Safety Outcomes during First Hospitalisation
Clinical trials to date have not found an impact of LISA (positive or negative) on mortality during first hospitalisation. A recent meta-analysis including data from 20 trials reported mortality in infants receiving LISA to be similar to that in standard treatment groups (11.2% vs. 14.3%, RR 0.78, 95% CI: 0.58–1.05) [29]. In most of these trials infants in the comparator group received exogenous surfactant via ETT. For the two trials included in the meta-analysis in which the comparison was with continuation of CPAP and selective surfactant therapy if required (ref AMV, OPTIMIST-A), the effect on death during first hospitalisation if anything favoured the control group (8.8 vs. 6.7%, RR 1.31, 95% CI: 0.79–2.19). In the OPTIMIST-A trial, for the outcome of mortality, subgroup analysis found the treatment effect to favour the LISA group in the gestation range 27–28 weeks, and the control group at 25–26 weeks, with a significant interaction between group assignment and gestation stratum for this outcome. At all gestations, deaths in the OPTIMIST-A trial had multiple causes, occurred at a range of postnatal ages and were not considered to be directly related to the intervention [17]. There was no concern regarding a negative effect on mortality in the NINSAPP trial involving infants at 23–26 weeks gestation (overall result: LISA 9.3% vs. 11.5%, RR 0.81, 95% CI: 0.37–1.79) [16]. Favourable results regarding survival after LISA have been noted down to 22 weeks’ gestation in the German Neonatal Network (GNN) cohort [27]. These data were extracted from centres in one country with a relatively uniform approach to the management of imminent preterm birth and delivery room stabilisation for extremely preterm infants including a quasi-prophylactic approach of LISA in >80% of surfactant-treated infants <27 weeks‘ gestation. Furthermore, GNN sites have more than 15-year experience with the LISA approach. This reinforces the need for training and experiential learning for the full benefits of LISA to be realised in the most vulnerable infants, especially in settings in which baseline mortality for such infants remains high.

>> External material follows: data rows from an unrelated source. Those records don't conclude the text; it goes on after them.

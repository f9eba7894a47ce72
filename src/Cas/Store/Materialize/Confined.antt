-- ===== src/Cas/Store/Materialize/Confined.antt =====
-- crates/jet-cas/src/store.rs: what `materialize_tree` does to the disk, whatever the store holds.
use jetrun.Prelude.{
  ℕ, ◌+◌, zero, suc, Bool, true, false, Option, none, some, List, [], ◌∷◌, ◌++◌, Result, ok, err,
  Bytes, All, All-append, ◌≡◌, refl, ap, ◌∙◌, sym, Ensures, >>=-Ensures, refuse_if-Ensures,
  Ensures-ok,
}
use mathlib.Core.List.{append_assoc, append-nil}
use jetrun.Prelude.Stateful.{Run, Outcome, Ends, Keeps, >>=-Ends, if-either}
use jetrun.Cas.Name.Valid.{IsComponent}
use jetrun.Cas.Tree.{Tree, Node, file, dir, symlink, decode}
use jetrun.Cas.Tree.Safety.{IsSafe, decode-Ensures}
use jetrun.Cas.Link.{Errno, Intent, LinkMode, reflink, hardlink, copy, Place, Capabilities, Slot}
use jetrun.Cas.Link.Placed.{
  is_shared, holds, is_allowed, IsPlaced, IsUnshared, materialize-IsPlaced,
}
use jetrun.Cas.Store.{Object, CasError, PathBuf, has, get_tree, decoded, get_bytes}
use jetrun.Cas.Store.Materialize.{
  Effect, made_dir, placed, left, chmod, made_symlink, World, Kernel, checked, lift, refuse_unless,
  filed, place_of, place_file, own_mode, set_mode, materialize_file, materialize_node,
  materialize_entries, materialize_into, materialize_tree, unchanged, max_depth, started, stats_of,
  MaterializeStats,
}

-- A path at or under the destination, by names that are each one path component.
abbrev pub Below : PathBuf → PathBuf → Type 0
Below dest path = (rest : PathBuf) × (path ≡ dest ++ rest) × All IsComponent rest

decoded-Ensures : (r : _) → Ensures IsSafe r → Ensures IsSafe (decoded r)
decoded-Ensures (ok t) h = h
decoded-Ensures (err e) h = tt

get_tree-Ensures :
    (tree_hash : Bytes → Bytes) (objects : List Object) (d : Bytes)
    → Ensures IsSafe (get_tree tree_hash objects d)
unfolding get_tree
get_tree-Ensures tree_hash objects d = >>=-Ensures IsSafe (get_bytes objects d) _ λ bytes _.
    >>=-Ensures IsSafe (decoded (decode bytes)) _ λ t e.
      refuse_if-Ensures IsSafe _ _ (ok t)
        λ _. Ensures-ok IsSafe _ (decoded-Ensures _ (decode-Ensures bytes)) t e

module _ (objects : List Object) (intent : Intent) (root : PathBuf) where
  -- An effect is at or under the destination. A file placed has its contents in the store, and an
  -- inode of its own if it is executable or the intent asks for it; a mode is set on an inode that is
  -- not the store's.
  abbrev pub IsConfined : Effect → Type 0
  IsConfined (made_dir path) = Below root path
  IsConfined (placed path digest size executable mode place) =
      Below root path
      × (has objects digest ≡ true)
      × (place ≡ holds mode)
      × (is_allowed (place_of intent executable) mode ≡ true)
  IsConfined (left path place) = Below root path
  IsConfined (chmod path mode place) = Below root path × (is_shared place ≡ false)
  IsConfined (made_symlink path target) = Below root path

  abbrev Confined : World → Type 0
  Confined w = All IsConfined w.log

  Below-child :
      (dest : PathBuf) (name : Bytes)
      → Below root dest
      → IsComponent name
      → Below root (dest ++ (name ∷ []))
  Below-child dest name (rest, e, h) c = (
    rest ++ (name ∷ []),
    ap (λ p. p ++ (name ∷ [])) e ∙ append_assoc root rest (name ∷ []),
    All-append IsComponent rest (name ∷ []) h (c, tt),
  )

  checked-Keeps :
      (o : Option Errno) (op : Bytes) (path : PathBuf) (change : World → World)
      → ((w : World) → Confined w → Confined (change w))
      → Keeps Confined (checked o op path change)
  checked-Keeps none op path change h w p = h w p
  checked-Keeps (some e) op path change h w p = p

  -- Where a file was placed, for the mode that is set next.
  abbrev Own : LinkMode × Place → World → Type 0
  Own answer w = Confined w × (answer.1 ≡ holds answer.0)

  filed-Keeps :
      (child : PathBuf) (digest : Bytes) (size : ℕ) (executable : Bool) (before : Place)
      (r : Result LinkMode Errno × Slot)
      → Below root child
      → has objects digest ≡ true
      → Outcome (IsPlaced (place_of intent executable)) (IsUnshared before) r
      → Ends Confined Own (λ e. Confined) (filed child digest size executable r)
  unfolding filed
  filed-Keeps child digest size executable before (ok mode, s) below h (holds, allowed) w p =
      (((below, h, holds, allowed), p), holds)
  filed-Keeps child digest size executable before (err e, s) below h o w p = (below, p)

  module _ (tree_hash : Bytes → Bytes) (kernel : Kernel) where
    own_mode-Keeps :
        (child : PathBuf) (executable : Bool) (place : Place)
        → Below root child
        → is_shared place ≡ false
        → Keeps Confined (own_mode tree_hash objects kernel intent child executable place)
    unfolding own_mode
    own_mode-Keeps child executable place below h =
        >>=-Ends (λ a. Confined) (λ a. Confined) (λ e. Confined) _ _
          (checked-Keeps (kernel.metadata child) _ child unchanged (λ w p. p))
          (λ a. checked-Keeps (kernel.set_permissions child) _ child _ (λ w p. ((below, h), p)))

    set_mode-Keeps :
        (child : PathBuf) (executable : Bool) (answer : LinkMode × Place)
        → Below root child
        → Ends
            (Own answer)
            (λ a. Confined)
            (λ e. Confined)
            (set_mode tree_hash objects kernel intent child executable answer)
    unfolding set_mode
    set_mode-Keeps child executable (hardlink, place) below w (p, h) = p
    set_mode-Keeps child executable (reflink, place) below w (p, h) =
        own_mode-Keeps child executable place below (ap is_shared h) w p
    set_mode-Keeps child executable (copy, place) below w (p, h) =
        own_mode-Keeps child executable place below (ap is_shared h) w p

    place_file-Keeps :
        (child : PathBuf) (digest : Bytes) (size : ℕ) (executable : Bool)
        → Below root child
        → has objects digest ≡ true
        → Ends Confined Own
            (λ e. Confined)
            (place_file tree_hash objects kernel intent child digest size executable)
    unfolding place_file
    place_file-Keeps child digest size executable below h w =
        filed-Keeps child digest size executable (kernel.before child) _ below h
          (materialize-IsPlaced (kernel.calls child) (place_of intent executable) _) w

    materialize_file-Keeps :
        (child : PathBuf) (digest : Bytes) (size : ℕ) (executable : Bool)
        → Below root child
        → Keeps Confined
            (materialize_file tree_hash objects kernel intent child digest size executable)
    unfolding materialize_file
    materialize_file-Keeps child digest size executable below =
        >>=-Ends (λ a w. Confined w × (has objects digest ≡ true)) (λ a. Confined) (λ e. Confined) _
          _ (refused (has objects digest) _)
          (λ a w (p, h).
            >>=-Ends Own (λ a. Confined) (λ e. Confined)
              (place_file tree_hash objects kernel intent child digest size executable)
              (set_mode tree_hash objects kernel intent child executable)
              (place_file-Keeps child digest size executable below h)
              (λ answer. set_mode-Keeps child executable answer below) w p)
      where
        refused :
            (b : Bool) (e : CasError)
            → Ends Confined (λ a w. Confined w × (b ≡ true)) (λ e. Confined) (refuse_unless b e)
        refused true e w p = (p, refl)
        refused false e w p = p

    -- What the recursion, which the loop is given, must do.
    abbrev Recurses : (Bytes → PathBuf → Run World CasError (Unit {0})) → Type 0
    Recurses recurse =
        (d : Bytes) (path : PathBuf) → Below root path → Keeps Confined (recurse d path)

    module _ (recurse : Bytes → PathBuf → Run World CasError (Unit {0}))
        (h : Recurses recurse) where
      materialize_node-Keeps :
          (child : PathBuf) (node : Node)
          → Below root child
          → Keeps Confined (materialize_node tree_hash objects kernel intent recurse child node)
      unfolding materialize_node
      materialize_node-Keeps child (file digest size executable) below =
          materialize_file-Keeps child digest size executable below
      materialize_node-Keeps child (dir digest) below = h digest child below
      materialize_node-Keeps child (symlink target) below =
          checked-Keeps (kernel.symlink_call child) _ child _ (λ w p. (below, p))

      materialize_entries-Keeps :
          (dest : PathBuf) (t : Tree)
          → Below root dest
          → All (λ e. IsComponent e.0) t
          → Keeps Confined (materialize_entries tree_hash objects kernel intent recurse dest t)
      unfolding materialize_entries
      materialize_entries-Keeps dest [] below c = λ w p. p
      materialize_entries-Keeps dest ((name, node) ∷ es) below (c, cs) =
          >>=-Ends (λ a. Confined) (λ a. Confined) (λ e. Confined) _ _
            (materialize_node-Keeps _ node (Below-child dest name below c))
            (λ a. materialize_entries-Keeps dest es below cs)

    lift-Ends :
        (r : Result Tree CasError)
        → Ensures IsSafe r
        → Ends Confined (λ t w. Confined w × IsSafe t) (λ e. Confined) (lift r)
    lift-Ends (ok t) h w p = (p, h)
    lift-Ends (err e) h w p = p

    materialize_into-Keeps :
        (levels : ℕ) → Recurses (materialize_into tree_hash objects kernel intent levels)
    unfolding materialize_into
    materialize_into-Keeps zero d dest below = λ w p. p
    materialize_into-Keeps (suc levels) d dest below =
        >>=-Ends (λ a. Confined) (λ a. Confined) (λ e. Confined) _ _
          (checked-Keeps (kernel.create_dir dest) _ dest _ (λ w p. (below, p)))
          (λ a.
            >>=-Ends (λ t w. Confined w × IsSafe t) (λ a. Confined) (λ e. Confined) _ _
              (lift-Ends _ (get_tree-Ensures tree_hash objects d))
              (λ t w (p, s).
                materialize_entries-Keeps _ (materialize_into-Keeps levels) dest t below
                  s.components w p))

-- Whatever the store holds, hostile manifests included, however the system calls end and whether the
-- run succeeds or fails: every effect of materialize_tree is at the destination or under it, by names
-- that are each one path component. A file placed has its contents in the store and stands as its mode
-- says; it is no hard link where the intent is PrivateInode or the entry is executable; and no mode is
-- ever set on an inode that the store shares.
pub materialize_tree-IsConfined :
    (tree_hash : Bytes → Bytes) (objects : List Object) (kernel : Kernel) (intent : Intent)
    (d : Bytes) (dest : PathBuf) (caps : Capabilities) (ioctls : ℕ)
    → All
        (IsConfined objects intent dest)
        (materialize_tree tree_hash objects kernel intent d dest caps ioctls).1.log
unfolding materialize_tree
materialize_tree-IsConfined tree_hash objects kernel intent d dest caps ioctls =
    if-either
      (λ (r : Result MaterializeStats CasError × World).
        All (IsConfined objects intent dest) r.1.log)
      (kernel.exists dest) tt
      (final
        (materialize_into tree_hash objects kernel intent (max_depth + 1) d dest
          (started caps ioctls))
        (materialize_into-Keeps objects intent dest tree_hash kernel (max_depth + 1) d dest
          ([], sym (append-nil dest), tt) (started caps ioctls) tt))
  where
    final :
        (r : Result (Unit {0}) CasError × World)
        → Outcome
            (λ a w. All (IsConfined objects intent dest) w.log)
            (λ e w. All (IsConfined objects intent dest) w.log)
            r
        → All (IsConfined objects intent dest) (stats_of r).1.log
    final (ok done, w) h = h
    final (err e, w) h = h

Clinical trial and observational data have also not raised major concerns for other adverse effects of LISA during first hospitalisation. In observational GNN data, a higher rate of spontaneous intestinal perforation (SIP) was noted following LISA amongst infants below 26 weeks’ gestation, with in regression modelling the rates being progressively higher as gestation decreased [34]. A possible explanation might be the extreme fragility of the gut wall, compounded by drug exposure (steroids, non-steroidal anti-inflammatory drugs) and further exacerbated by intestinal loop gaseous distension (“CPAP belly”), a frequent phenomenon when using non-invasive respiratory support in the most immature infants. An increase in risk of SIP was not detected in RCTs reporting this outcome [14, 16, 17, 25], where there were a combined total of 17 SIP cases out of 548 LISA-treated infants as compared to 16 SIP cases in 548 control group infants.
Safety Outcomes in Follow-Up
With regard to 2-year neurodevelopmental outcome, 3 RCTs (AMV, NINSAPP, OPTIMIST-A) have so far reported follow-up data based on neurodevelopmental examination (Bayley-Scales) and parental reports (PARCA-R) which are summarised in Table 2 [30, 35, 36]. These data suggest that the LISA intervention is not inferior to standard treatment. This is an important finding, given that LISA involves performing a procedure that may cause physiological destabilisation, including episodes of hypoxia and bradycardia, at a critical time of life. On the other hand, there was not a neurodevelopmental advantage, in spite of a somewhat lesser rate of BPD amongst infants receiving LISA, BPD being a known risk factor for adverse neurodevelopment outcome in some but not all studies.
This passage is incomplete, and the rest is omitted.